Is any part of your wiring to the stereo shared by the lighting circuit or does any of it run side by side?


----------



## mooro (Apr 22, 2008)

sallytrafic said:


> A battery is a very stiff supply and such a low impedance that it acts as a capacitor would do smoothing out fluctuations.
> 
> Is any part of your wiring to the stereo shared by the lighting circuit or does any of it run side by side?


Well there is one strange thing going on.

When I initially connected the stereo via its own fused lead to the leisure battery I opted to leave it connected to its original earth i.e. I did not run a cable from setreo earth to battery earth.

I thought I would try putting that right. So I ran a 15a lead from stereo earth to battery earth and no change. I then (accidentally) knocked the earth lead from the battery and the stereo still worked! By my understanding this must mean it is earthing somewhere else. Not via the aerial since it worked with this disconnected also.

The only conncections to the stereo now are an aerial, a 12v lead from leisure battery, and 4x 2 speaker cables.

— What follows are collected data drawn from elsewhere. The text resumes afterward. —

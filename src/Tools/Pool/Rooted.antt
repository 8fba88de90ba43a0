-- ===== src/Tools/Pool/Rooted.antt =====
-- Why the pending actions of a pool (tools/dacp/descrete_action_pool.go) can all become ready.
use abyss_core.Prelude.{
  ℕ, Bool, true, false, List, [], ◌∷◌, ◌++◌, if◌then◌else◌, nat_eq, ◌≡◌, ◌≢◌, refl, sym, subst, inl,
  inr, Bool-cases, ◌⊎◌,
}
use abyss_core.Prelude.Store.{◌==◌, ne_of_test}
use abyss_core.Tools.Pool.{
  DiscreteAction, DiscreteActionPool, has_id, add_action, release, add_ready, add_pending,
}

module _ {A : Type 0} where
  -- Each pending action waits for an id that `seen` has or that an earlier pending action has.
  abbrev pub Rooted : (ℕ → Bool) → List (DiscreteAction A) → Type 0
  Rooted seen [] = Unit {0}
  Rooted seen (a ∷ s) =
      (seen a.precursor_id ≡ true) × Rooted (λ i. if a.id == i then true else seen i) s

  abbrev pub IsRooted : DiscreteActionPool A → Type 0
  IsRooted p = Rooted (λ i. has_id i p.actions_ready) p.actions_pending

module _ where
  pub both :
      (c b d : Bool)
      → (b ≡ true → d ≡ true)
      → (if c then true else b) ≡ true
      → (if c then true else d) ≡ true
  both true b d h e = refl
  both false b d h e = h e

module _ {A : Type 0} where
  wider :
      (s : List (DiscreteAction A)) (seen more : ℕ → Bool)
      → ((i : ℕ) → seen i ≡ true → more i ≡ true)
      → Rooted seen s
      → Rooted more s
  wider [] seen more h r = r
  wider (a ∷ s) seen more h r =
      (h a.precursor_id r.0, wider s _ _ (λ i. both (a.id == i) (seen i) (more i) (h i)) r.1)

  -- An action that waits for an id of `seen` or of the slice may stand behind the slice.
  Rooted-snoc :
      (s : List (DiscreteAction A)) (b : DiscreteAction A) (seen : ℕ → Bool)
      → Rooted seen s
      → (seen b.precursor_id ≡ true) ⊎ (has_id b.precursor_id s ≡ true)
      → Rooted seen (s ++ b ∷ [])
  unfolding has_id
  Rooted-snoc [] b seen r (inl h) = (h, tt)
  Rooted-snoc [] b seen r (inr h) = absurd (true≢ h)
    where
      true≢ : false ≡ true → ⊥
      true≢ e = cc e
  Rooted-snoc (a ∷ s) b seen r h = (r.0, Rooted-snoc s b _ r.1 (found (a.id == b.precursor_id) h))
    where
      found :
          (c : Bool)
          → (seen b.precursor_id ≡ true) ⊎ ((if c then true else has_id b.precursor_id s) ≡ true)
          → ((if c then true else seen b.precursor_id) ≡ true) ⊎ (has_id b.precursor_id s ≡ true)
      found true h = inl refl
      found false h = h

  pub has_id-left :
      (i : ℕ) (s t : List (DiscreteAction A)) → has_id i s ≡ true → has_id i (s ++ t) ≡ true
  unfolding has_id
  has_id-left i [] t h = absurd (cc h)
  has_id-left i (a ∷ s) t h = both (a.id == i) _ _ (has_id-left i s t) h

  pub has_id-right :
      (i : ℕ) (s t : List (DiscreteAction A)) → has_id i t ≡ true → has_id i (s ++ t) ≡ true
  unfolding has_id
  has_id-right i [] t h = h
  has_id-right i (a ∷ s) t h = either (a.id == i) _ (has_id-right i s t h)
    where
      either : (c b : Bool) → b ≡ true → (if c then true else b) ≡ true
      either true b e = refl
      either false b e = e

  pub add_action-IsRooted :
      (a : DiscreteAction A) (p : DiscreteActionPool A) → IsRooted p → IsRooted (add_action a p).1
  unfolding add_action add_ready add_pending
  add_action-IsRooted a p r = elim (Bool-cases (has_id a.precursor_id p.actions_ready)) [
    | inl e ↦ rw e (Rooted-snoc p.actions_pending a _ r (inl e))
    | inr e ↦ elim (Bool-cases (has_id a.precursor_id p.actions_pending)) [
      | inl f ↦ rw (e, f) (Rooted-snoc p.actions_pending a _ r (inr f))
      | inr f ↦
          rw (e, f) (wider p.actions_pending _ _ (λ i. has_id-left i p.actions_ready (a ∷ [])) r)
    ]
  ]

  pub release-Rooted :
      (s : List (DiscreteAction A)) (i : ℕ) (seen more : ℕ → Bool)
      → Rooted seen s
      → ((j : ℕ) → seen j ≡ true → i ≢ j → more j ≡ true)
      → ((j : ℕ) → has_id j (release i s).0 ≡ true → more j ≡ true)
      → Rooted more (release i s).1
  unfolding release has_id
  release-Rooted [] i seen more r h k = tt
  release-Rooted (a ∷ s) i seen more r h k = elim (Bool-cases (a.precursor_id == i)) [
    | inl e ↦ rw e (release-Rooted s i _ more r.1 (kept e) (freed e))
    | inr e ↦ rw e (
      h a.precursor_id r.0 (λ p. ne_of_test a.precursor_id i e (sym p)),
      release-Rooted s i _ _ r.1 (λ j m ne. both (a.id == j) (seen j) (more j) (λ q. h j q ne) m)
          (λ j m. held (a.id == j) (more j) (stays e j m)),
    )
  ]
    where
      held : (c b : Bool) → b ≡ true → (if c then true else b) ≡ true
      held true b e = refl
      held false b e = e

      stays :
          (a.precursor_id == i) ≡ false → (j : ℕ) → has_id j (release i s).0 ≡ true → more j ≡ true
      stays e j m = k j (rw e m)

      first :
          (a.precursor_id == i) ≡ true
          → (j : ℕ) → (if a.id == j then true else has_id j (release i s).0) ≡ true
          → more j ≡ true
      first e j m = k j (rw e m)

      freed :
          (a.precursor_id == i) ≡ true → (j : ℕ) → has_id j (release i s).0 ≡ true → more j ≡ true
      freed e j m = first e j (held (a.id == j) _ m)

      kept :
          (a.precursor_id == i) ≡ true
          → (j : ℕ) → (if a.id == j then true else seen j) ≡ true
          → i ≢ j
          → more j ≡ true
      kept e j m ne = elim (Bool-cases (a.id == j)) [
        | inl f ↦ first e j (rw f)
        | inr f ↦ h j (subst (λ c. (if c then true else seen j) ≡ true) f m) ne
      ]
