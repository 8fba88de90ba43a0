-- ===== src/Tools/Pool/Pops.antt =====
-- What PopAction takes out of a pool (tools/dacp/descrete_action_pool.go).
use abyss_core.Prelude.{
  ℕ, zero, suc, ◌+◌, ◌≤◌, Bool, true, false, List, [], ◌∷◌, ◌++◌, Option, none, some, if◌then◌else◌,
  nat_eq, ◌≡◌, ◌≢◌, refl, subst, inl, inr, Bool-cases, Option-cases, arith,
}
use abyss_core.Prelude.Store.{◌==◌, eq_of_test}
use abyss_core.Tools.Pool.{
  DiscreteAction, DiscreteActionPool, has_id, take_out, release, popped, pop_action, with_first,
  length, get_action_n,
}
use abyss_core.Tools.Pool.Rooted.{IsRooted, both, has_id-left, has_id-right, release-Rooted}

abbrev pub one : Bool → ℕ
one true = 1
one false = 0

module _ {A : Type 0} where
  -- How many actions of the slice pass a test.
  abbrev pub tally : (DiscreteAction A → Bool) → List (DiscreteAction A) → ℕ
  tally t [] = 0
  tally t (a ∷ s) = one (t a) + tally t s

  abbrev pub pool_tally : (DiscreteAction A → Bool) → DiscreteActionPool A → ℕ
  pool_tally t p = tally t p.actions_ready + tally t p.actions_pending

  abbrev pub size : DiscreteActionPool A → ℕ
  size p = pool_tally (λ a. true) p

  -- What a slice and the outcome of taking an action out of it have to do with each other.
  abbrev Kept : (ℕ → Bool) → Option (DiscreteAction A × List (DiscreteAction A)) → Type 0
  Kept had none = Unit {0}
  Kept had (some r) = (j : ℕ) → had j ≡ true → r.0.id ≢ j → has_id j r.1 ≡ true

  with_first-Kept :
      (a : DiscreteAction A) (had : ℕ → Bool)
      (o : Option (DiscreteAction A × List (DiscreteAction A)))
      → Kept had o
      → Kept (λ j. if a.id == j then true else had j) (with_first a o)
  unfolding with_first has_id
  with_first-Kept a had none k = tt
  with_first-Kept a had (some r) k =
      λ j m ne. both (a.id == j) (had j) (has_id j r.1) (λ q. k j q ne) m

  take_out-Kept :
      (s : List (DiscreteAction A)) (index : ℕ) → Kept (λ j. has_id j s) (take_out index s)
  unfolding take_out has_id
  take_out-Kept [] index = tt
  take_out-Kept (a ∷ s) zero = λ j m ne. elim (Bool-cases (a.id == j)) [
    | inl e ↦ absurd (ne (eq_of_test a.id j e))
    | inr e ↦ subst (λ c. (if c then true else has_id j s) ≡ true) e m
  ]
  take_out-Kept (a ∷ s) (suc index) =
      with_first-Kept a (λ j. has_id j s) (take_out index s) (take_out-Kept s index)

  abbrev Counted :
      (DiscreteAction A → Bool) → ℕ → Option (DiscreteAction A × List (DiscreteAction A)) → Type 0
  Counted t n none = Unit {0}
  Counted t n (some r) = n ≡ one (t r.0) + tally t r.1

  with_first-Counted :
      (t : DiscreteAction A → Bool) (a : DiscreteAction A) (n : ℕ)
      (o : Option (DiscreteAction A × List (DiscreteAction A)))
      → Counted t n o
      → Counted t (one (t a) + n) (with_first a o)
  unfolding with_first
  with_first-Counted t a n none k = tt
  with_first-Counted t a n (some r) k = omega arith

  take_out-Counted :
      (t : DiscreteAction A → Bool) (s : List (DiscreteAction A)) (index : ℕ)
      → Counted t (tally t s) (take_out index s)
  unfolding take_out
  take_out-Counted t [] index = tt
  take_out-Counted t (a ∷ s) zero = refl
  take_out-Counted t (a ∷ s) (suc index) =
      with_first-Counted t a (tally t s) (take_out index s) (take_out-Counted t s index)

  tally_append :
      (t : DiscreteAction A → Bool) (s u : List (DiscreteAction A))
      → tally t (s ++ u) ≡ tally t s + tally t u
  tally_append t [] u = omega arith
  tally_append t (a ∷ s) u = rw (tally_append t s u) (omega arith)

  tally-release :
      (t : DiscreteAction A → Bool) (i : ℕ) (s : List (DiscreteAction A))
      → tally t s ≡ tally t (release i s).0 + tally t (release i s).1
  unfolding release
  tally-release t i [] = refl
  tally-release t i (a ∷ s) = elim (Bool-cases (a.precursor_id == i)) [
    | inl e ↦ rw e (front _ _ _ (tally-release t i s))
    | inr e ↦ rw e (back _ _ _ (tally-release t i s))
  ]
    where
      front : (m k l : ℕ) → m ≡ k + l → one (t a) + m ≡ one (t a) + k + l
      front m k l h = omega arith

      back : (m k l : ℕ) → m ≡ k + l → one (t a) + m ≡ k + (one (t a) + l)
      back m k l h = omega arith

  -- What holds of what PopAction gives, if it gives something.
  abbrev After :
      (DiscreteAction A → DiscreteActionPool A → Type 0)
      → Option (DiscreteAction A × DiscreteActionPool A)
      → Type 0
  After P none = Unit {0}
  After P (some r) = P r.0 r.1

  popped-IsRooted :
      (p : DiscreteActionPool A) (o : Option (DiscreteAction A × List (DiscreteAction A)))
      → IsRooted p
      → Kept (λ j. has_id j p.actions_ready) o
      → After (λ a q. IsRooted q) (popped p.actions_pending o)
  unfolding popped
  popped-IsRooted p none r k = tt
  popped-IsRooted p (some x) r k =
      release-Rooted p.actions_pending x.0.id (λ j. has_id j p.actions_ready) _ r
        (λ j m ne. has_id-left j x.1 _ (k j m ne)) (λ j m. has_id-right j x.1 _ m)

  popped-tally :
      (t : DiscreteAction A → Bool) (p : DiscreteActionPool A)
      (o : Option (DiscreteAction A × List (DiscreteAction A)))
      → Counted t (tally t p.actions_ready) o
      → After (λ a q. pool_tally t p ≡ one (t a) + pool_tally t q) (popped p.actions_pending o)
  unfolding popped
  popped-tally t p none k = tt
  popped-tally t p (some x) k =
      rw (tally_append t x.1 (release x.0.id p.actions_pending).0)
        (sum _ _ _ _ _ _ (tally-release t x.0.id p.actions_pending) k)
    where
      sum : (m k l r n o : ℕ) → m ≡ k + l → r ≡ o + n → r + m ≡ o + (n + k + l)
      sum m k l r n o h g = omega arith

  pub pop_action-IsRooted :
      (index : ℕ) (p q : DiscreteActionPool A) (a : DiscreteAction A)
      → IsRooted p
      → pop_action index p ≡ some (a, q)
      → IsRooted q
  unfolding pop_action
  pop_action-IsRooted index p q a r e =
      subst (After (λ b u. IsRooted u)) e
        (popped-IsRooted p _ r (take_out-Kept p.actions_ready index))

  pub pop_action-tally :
      (t : DiscreteAction A → Bool) (index : ℕ) (p q : DiscreteActionPool A) (a : DiscreteAction A)
      → pop_action index p ≡ some (a, q)
      → pool_tally t p ≡ one (t a) + pool_tally t q
  unfolding pop_action
  pop_action-tally t index p q a e =
      subst (After (λ b u. pool_tally t p ≡ one (t b) + pool_tally t u)) e
        (popped-tally t p _ (take_out-Counted t p.actions_ready index))

  taken : (s : List (DiscreteAction A)) (index : ℕ) → take_out index s ≡ none → length s ≤ index
  unfolding take_out length with_first
  taken [] index e = omega arith
  taken (a ∷ s) zero e = absurd (cc e)
  taken (a ∷ s) (suc index) e = elim (Option-cases (take_out index s)) [
    | inl f ↦ further (taken s index f)
    | inr g ↦ absurd (cc (e, g.1))
  ]
    where
      further : length s ≤ index → suc (length s) ≤ suc index
      further h = omega arith

  pub pop_action-none :
      (index : ℕ) (p : DiscreteActionPool A) → pop_action index p ≡ none → get_action_n p ≤ index
  unfolding pop_action popped get_action_n
  pop_action-none index p e = elim (Option-cases (take_out index p.actions_ready)) [
    | inl f ↦ taken p.actions_ready index f
    | inr g ↦ absurd (cc (e, g.1))
  ]
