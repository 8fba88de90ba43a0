-- ===== src/Tools/Pool/Draining.antt =====
-- The actions that come out of a pool (tools/dacp/descrete_action_pool.go) when one ready action
-- after the other is popped.
use abyss_core.Prelude.{
  ℕ, zero, suc, ◌+◌, ◌≤◌, ◌<◌, Bool, true, List, [], ◌∷◌, none, some, nat_eq, ◌≡◌, refl, inl, inr,
  Option-cases, arith,
}
use abyss_core.Tools.Pool.{
  DiscreteAction, DiscreteActionPool, make_pool, has_id, add_action, pop_action, length,
  get_action_n,
}
use abyss_core.Tools.Pool.Rooted.{IsRooted, add_action-IsRooted}
use abyss_core.Tools.Pool.Pops.{
  tally, pool_tally, size, pop_action-IsRooted, pop_action-tally, pop_action-none,
}

module _ {A : Type 0} where
  -- The pools that calls of AddAction and PopAction make.
  pub data Reached : DiscreteActionPool A → Type 0 where
    made : Reached make_pool
    added :
        (a : DiscreteAction A) (p : DiscreteActionPool A) → Reached p → Reached (add_action a p).1
    popped_at :
        (index : ℕ) (p q : DiscreteActionPool A) (a : DiscreteAction A)
        → Reached p
        → pop_action index p ≡ some (a, q)
        → Reached q

  -- As long as an action is ready, pop the one that `choose` picks: at most `n` times.
  unfoldable pub drain :
      ℕ
      → (DiscreteActionPool A → ℕ)
      → DiscreteActionPool A
      → List (DiscreteAction A) × DiscreteActionPool A
  drain zero choose p = ([], p)
  drain (suc n) choose p = elim (pop_action (choose p) p) [
    | none ↦ ([], p)
    | some r ↦ (r.0 ∷ (drain n choose r.1).0, (drain n choose r.1).1)
  ]

  -- `choose` picks a ready action where there is one.
  abbrev pub Picks : (DiscreteActionPool A → ℕ) → Type 0
  Picks choose = (p : DiscreteActionPool A) → 0 < get_action_n p → choose p < get_action_n p

  Reached-IsRooted : (p : DiscreteActionPool A) → Reached p → IsRooted p
  unfolding make_pool
  Reached-IsRooted p made = tt
  Reached-IsRooted p (added a q r) = add_action-IsRooted a q (Reached-IsRooted q r)
  Reached-IsRooted p (popped_at index q u a r e) =
      pop_action-IsRooted index q u a (Reached-IsRooted q r) e

  -- A pool without a ready action has no pending one.
  idle :
      (ready pending : List (DiscreteAction A))
      → length ready ≡ 0
      → IsRooted (record { actions_ready = ready; actions_pending = pending })
      → (ready ≡ []) × (pending ≡ [])
  unfolding length has_id
  idle [] [] e r = (refl, refl)
  idle [] (a ∷ s) e r = absurd (cc (r.0))
  idle (a ∷ s) pending e r = absurd (impossible e)
    where
      impossible : suc (length s) ≡ 0 → ⊥
      impossible h = omega arith

  -- Nothing is left in the pool, and every action of it came out.
  abbrev Drained : DiscreteActionPool A → List (DiscreteAction A) × DiscreteActionPool A → Type 0
  Drained p o =
      (o.1.actions_ready ≡ [])
      × (o.1.actions_pending ≡ [])
      × ((t : DiscreteAction A → Bool) → tally t o.0 ≡ pool_tally t p)

  none_left : (s : List (DiscreteAction A)) → tally (λ a. true) s ≤ 0 → s ≡ []
  none_left [] h = refl
  none_left (a ∷ s) h = absurd (impossible h)
    where
      impossible : 1 + tally (λ b. true) s ≤ 0 → ⊥
      impossible g = omega arith

  at_once :
      (p : DiscreteActionPool A)
      → (p.actions_ready ≡ []) × (p.actions_pending ≡ [])
      → Drained p ([], p)
  at_once p e = (e.0, e.1, λ t. rw (e.0, e.1) refl)

  picked :
      (choose : DiscreteActionPool A → ℕ) (p : DiscreteActionPool A)
      → Picks choose
      → get_action_n p ≤ choose p
      → get_action_n p ≡ 0
  picked choose p picks h = stuck (get_action_n p) (choose p) (picks p) h
    where
      stuck : (n i : ℕ) → (0 < n → i < n) → n ≤ i → n ≡ 0
      stuck n i f g = ground arith

  Drained-pop :
      (choose : DiscreteActionPool A → ℕ) (p : DiscreteActionPool A)
      (o : DiscreteAction A × DiscreteActionPool A)
      (rest : List (DiscreteAction A) × DiscreteActionPool A)
      → pop_action (choose p) p ≡ some o
      → Drained o.1 rest
      → Drained p (o.0 ∷ rest.0, rest.1)
  Drained-pop choose p o rest e whole =
      (whole.0, whole.1, λ t. rw (whole.2 t, pop_action-tally t (choose p) p o.1 o.0 e) refl)

  drain-IsRooted :
      (n : ℕ) (choose : DiscreteActionPool A → ℕ) (p : DiscreteActionPool A)
      → Picks choose
      → IsRooted p
      → size p ≤ n
      → Drained p (drain n choose p)
  unfolding drain get_action_n
  drain-IsRooted zero choose p picks r h =
      at_once p (none_left p.actions_ready (omega arith), none_left p.actions_pending (omega arith))
  drain-IsRooted (suc n) choose p picks r h = elim (Option-cases (pop_action (choose p) p)) [
    | inl e ↦
        rw (e, drain)
          (at_once p (
            idle p.actions_ready p.actions_pending
              (picked choose p picks (pop_action-none (choose p) p e)) r))
    | inr g ↦
        rw (g.1, drain)
          (Drained-pop choose p g.0 (drain n choose g.0.1) g.1 (
            drain-IsRooted n choose g.0.1 picks (pop_action-IsRooted (choose p) p g.0.1 g.0.0 r g.1)
              (less g.0.0 g.0.1 (pop_action-tally (λ a. true) (choose p) p g.0.1 g.0.0 g.1))))
  ]
    where
      less : (a : DiscreteAction A) (q : DiscreteActionPool A) → size p ≡ 1 + size q → size q ≤ n
      less a q k = omega arith

  -- Take any pool that calls of AddAction and PopAction made, and pop ready actions, in any order,
  -- as long as there are any. After at most as many calls as the pool has actions, no action is ready
  -- and none is pending any more, and of the actions of the pool that pass a test, whichever test, as
  -- many came out as were in it.
  pub Reached-drain :
      (t : DiscreteAction A → Bool) (n : ℕ) (choose : DiscreteActionPool A → ℕ)
      (p : DiscreteActionPool A)
      → Picks choose
      → Reached p
      → size p ≤ n
      → ((drain n choose p).1.actions_ready ≡ [])
        × ((drain n choose p).1.actions_pending ≡ [])
        × (tally t (drain n choose p).0 ≡ pool_tally t p)
  Reached-drain t n choose p picks r h = (all.0, all.1, all.2 t)
    where
      all : Drained p (drain n choose p)
      all = drain-IsRooted n choose p picks (Reached-IsRooted p r) h
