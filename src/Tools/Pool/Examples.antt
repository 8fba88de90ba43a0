-- ===== src/Tools/Pool/Examples.antt =====
-- The pool of tools/dacp/descrete_action_pool_test.go, with the numbers that the actions append in
-- place of the actions.
use abyss_core.Prelude.{ℕ, ◌-◌, ◌≤◌, ◌<◌, true, [], ◌∷◌, map, ◌≡◌, refl, arith}
use abyss_core.Tools.Pool.{
  DiscreteAction, DiscreteActionPool, make_pool, new_discrete_action, add_action, pop_action,
  get_action_n, has_id, take_out, release, popped, length, with_first, add_ready, add_pending,
}
use abyss_core.Tools.Pool.Pops.{tally, pool_tally}
use abyss_core.Tools.Pool.Draining.{made, added, drain, Reached-drain}

abbrev numbered : ℕ → ℕ → ℕ → DiscreteAction ℕ
numbered n counter precursor_id = (new_discrete_action n precursor_id counter).0

abbrev one_added : DiscreteActionPool ℕ
one_added = (add_action (numbered 1 0 0) make_pool).1

abbrev two_added : DiscreteActionPool ℕ
two_added = (add_action (numbered 2 1 1) one_added).1

abbrev three_added : DiscreteActionPool ℕ
three_added = (add_action (numbered 3 2 2) two_added).1

abbrev four_added : DiscreteActionPool ℕ
four_added = (add_action (numbered 4 3 0) three_added).1

abbrev test_pool : DiscreteActionPool ℕ
test_pool = (add_action (numbered 5 4 4) four_added).1

abbrev last_ready : DiscreteActionPool ℕ → ℕ
last_ready p = get_action_n p - 1

-- The order that the test expects.
test_order : map (λ a. a.action) (drain 5 last_ready test_pool).0 ≡ 4 ∷ 5 ∷ 1 ∷ 2 ∷ 3 ∷ []
unfolding new_discrete_action add_action make_pool has_id add_ready add_pending drain pop_action
    popped take_out with_first release get_action_n length
test_order = refl

five : pool_tally (λ a. true) test_pool ≤ 5
unfolding new_discrete_action add_action make_pool has_id add_ready add_pending
five = omega arith

Reached-drain_example :
    ((drain 5 last_ready test_pool).1.actions_ready ≡ [])
    × ((drain 5 last_ready test_pool).1.actions_pending ≡ [])
    × (tally (λ a. true) (drain 5 last_ready test_pool).0 ≡ pool_tally (λ a. true) test_pool)
Reached-drain_example =
    Reached-drain (λ a. true) 5 last_ready test_pool picks
      (added _ four_added
        (added _ three_added (added _ two_added (added _ one_added (added _ make_pool made)))))
      five
  where
    picks : (p : DiscreteActionPool ℕ) → 0 < get_action_n p → last_ready p < get_action_n p
    picks p h = omega arith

It does get better with bass low definately. I did run a 15a power lead from the battery to the stereo, but same problem. Only non-standard thing I am doing is putting one input into both the strero continuous/ignition circuits via a push-splice.

And I know this is no help but for one minute while I was messing around things seemed o.k.! I don't know why!!

The lighting/charging/stereo lead all leave the positive pole of one of the two batteries, earth from the negative of the other, as suggested by cleverer folk than me on here ;-)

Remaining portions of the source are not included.